Présidé par le juge Duncan Gaswaga, le Board of Inquiry a été créé le 31 décembre 2025 par le chef de l’État, en tant que Commandant en chef des Forces de défense. Il est composé de trois membres : Nissa Thomson, Justin Dogley et Edward Annacoura.
La cérémonie de prestation de serment s’est déroulée en présence du vice-président Sebastien Pillay, des responsables de la State House et de plusieurs journalistes. Les membres de la commission ont signé les documents officiels avant de prendre leurs fonctions.
Une enquête au cœur de l’affaire Black Iron
La commission a pour mission de faire la lumière sur l’importation d’armes et de munitions non enregistrées, d’identifier les personnes impliquées dans leur acquisition, et de vérifier les lieux de stockage, y compris ceux non déclarés. Elle devra également établir si des mercenaires ou anciens militaires étrangers ont participé à l’« Opération Black Iron », et déterminer qui a supervisé leurs activités.
Cette enquête s’inscrit dans le cadre d’une vaste opération anticorruption, notamment liée à un prêt de 50 millions de dollars accordé par les Émirats arabes unis en 2002. L’homme d’affaires Mukesh Valabhji et son épouse ont été arrêtés pour détournement de fonds, blanchiment d’argent et corruption. Les investigations ont révélé la possession illégale d’armes, ce qui a conduit à la création de cette commission d’enquête.

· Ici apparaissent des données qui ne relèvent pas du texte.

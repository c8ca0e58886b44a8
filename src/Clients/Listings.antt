-- ===== src/Clients/Listings.antt =====
-- ClientManager: the message connectionListChanged, which replaces both maps.
use quick_desk.Base.{
  ℕ, zero, suc, ◌≡◌, refl, ap, ◌≤◌, inl, inr, Bool, true, false, not, ◌&&◌, ◌||◌, String, List, [],
  ◌∷◌, none, is_some, arith, str_eq, string_eq, eq_iff, any, Bool-cases, Option-cases,
}
use quick_desk.Base.Dict.{
  lookup, insert, has_key, has_key-lookup, has_key-insert, is_dict, is_dict-insert,
}
use quick_desk.Transfer.Data.{TransferQueue}
use quick_desk.Clients.State.{ConnectionInfo, Settings, ClientManager}
use quick_desk.Clients.Transfers.{Entry, entry_info, take_entries}
use quick_desk.Clients.Wired.{IsWired, add-IsWired}

-- One of the first n + 1 identifiers.
unfoldable pub is_issued : Settings → ℕ → String → Bool
is_issued s zero c = str_eq c (s.conn_name zero)
is_issued s (suc n) c = str_eq c (s.conn_name (suc n)) || is_issued s n c

abbrev pub shares : Entry → Entry → Bool
shares e other = str_eq e.connection_id other.connection_id || str_eq e.device_id other.device_id

-- The entries have identifiers that were issued, and no two share an identifier or a device.
unfoldable pub is_proper : Settings → ℕ → List Entry → Bool
is_proper s n [] = true
is_proper s n (e ∷ es) =
    is_issued s n e.connection_id && not (any (shares e) es) && is_proper s n es

is_issued_name :
    (s : Settings) (n : ℕ) (c : String)
    → is_issued s n c ≡ true
    → (j : ℕ) × (c ≡ s.conn_name j) × (j ≤ n)
unfolding is_issued
is_issued_name s zero c h = (zero, (eq_iff c (s.conn_name zero)).0 h, omega arith)
is_issued_name s (suc n) c h = elim (Bool-cases (str_eq c (s.conn_name (suc n)))) [
  | inl same ↦ (suc n, (eq_iff c (s.conn_name (suc n))).0 same, omega arith)
  | inr other ↦
      let (j, name, le) = is_issued_name s n c (ground (arith, other, h)) in
      (j, name, omega (arith, le))
]

pub absent_lookup :
    {A : Type 0} (x : String) (m : List (String × A)) → has_key x m ≡ false → lookup x m ≡ none
absent_lookup x m h = elim (Option-cases (lookup x m)) [
  | inl e ↦ e
  | inr (v, e) ↦ absurd (cc (h, has_key-lookup x m, ap is_some e))
]

abbrev pub is_taken : List (String × ConnectionInfo) → List (String × String) → Entry → Bool
is_taken ks ids e = has_key e.device_id ks || has_key e.connection_id ids

still_free :
    (ks : List (String × ConnectionInfo)) (ids : List (String × String)) (e : Entry)
    (k : ConnectionInfo) (es : List Entry)
    → any (shares e) es ≡ false
    → any (is_taken ks ids) es ≡ false
    → any (is_taken (insert e.device_id k ks) (insert e.connection_id e.device_id ids)) es ≡ false
unfolding any
still_free ks ids e k [] h f = refl
still_free ks ids e k (x ∷ es) h f = ground (
  arith,
  has_key-insert e.device_id x.device_id k ks,
  has_key-insert e.connection_id x.connection_id e.device_id ids,
  still_free ks ids e k es,
  h,
  f,
)

-- The maps that the entries fill.
pub take_entries-IsWired :
    {s : Settings} {n : ℕ} (q : TransferQueue) (old : List (String × ConnectionInfo))
    (es : List Entry) (m : ClientManager)
    → is_proper s n es ≡ true
    → any (is_taken m.connections m.conn_id_to_device_id) es ≡ false
    → is_dict m.connections ≡ true
    → IsWired s n m.connections m.conn_id_to_device_id q
    → IsWired s n (take_entries old es m).connections (take_entries old es m).conn_id_to_device_id q
      × (is_dict (take_entries old es m).connections ≡ true)
unfolding take_entries is_proper any
take_entries-IsWired q old [] m p f z w = (w, z)
take_entries-IsWired {s} {n} q old (e ∷ es) m p f z w =
    let k = entry_info old e in
    take_entries-IsWired q old es _ (ground (arith, p))
      (still_free m.connections m.conn_id_to_device_id e k es (ground (arith, p))
        (ground (arith, f)))
      (is_dict-insert e.device_id k m.connections z)
      (add-IsWired e.device_id k n (absent_lookup e.device_id m.connections (ground (arith, f)))
        (absent_lookup e.connection_id m.conn_id_to_device_id (ground (arith, f))) refl
        (is_issued_name s n e.connection_id (ground (arith, p))) (omega arith) w)

pub take_entries_rest :
    (old : List (String × ConnectionInfo)) (es : List Entry) (m : ClientManager)
    → ((take_entries old es m).connection_counter ≡ m.connection_counter)
      × ((take_entries old es m).transfers ≡ m.transfers)
unfolding take_entries
take_entries_rest old [] m = (refl, refl)
take_entries_rest old (e ∷ es) m = take_entries_rest old es _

La commission devra aussi déterminer si des contractants militaires privés ont exercé des pouvoirs d’arrestation, de perquisition ou de saisie, et examiner tout élément pertinent. Elle devra remettre un rapport final au président Herminie au plus tard le 30 juin 2026.
Amnistie et cadre légal
Le président Herminie a rappelé que toute activité illégale liée aux armes est strictement interdite par la loi. Il a précisé que la commission dépend de l’Office du Procureur Général et non de l’Anti-Corruption Commission of Seychelles (ACCS).
Pour faciliter la récupération des armes, le président a annoncé une amnistie permettant aux détenteurs illégaux de les restituer sans être poursuivis. Les lois seychelloises prévoient en effet jusqu’à 15 ans de prison et une amende pouvant atteindre un million de roupies pour détention illégale d’armes, conformément au Firearms and Ammunition Act (1973) et au Bill No. 29 de 2021.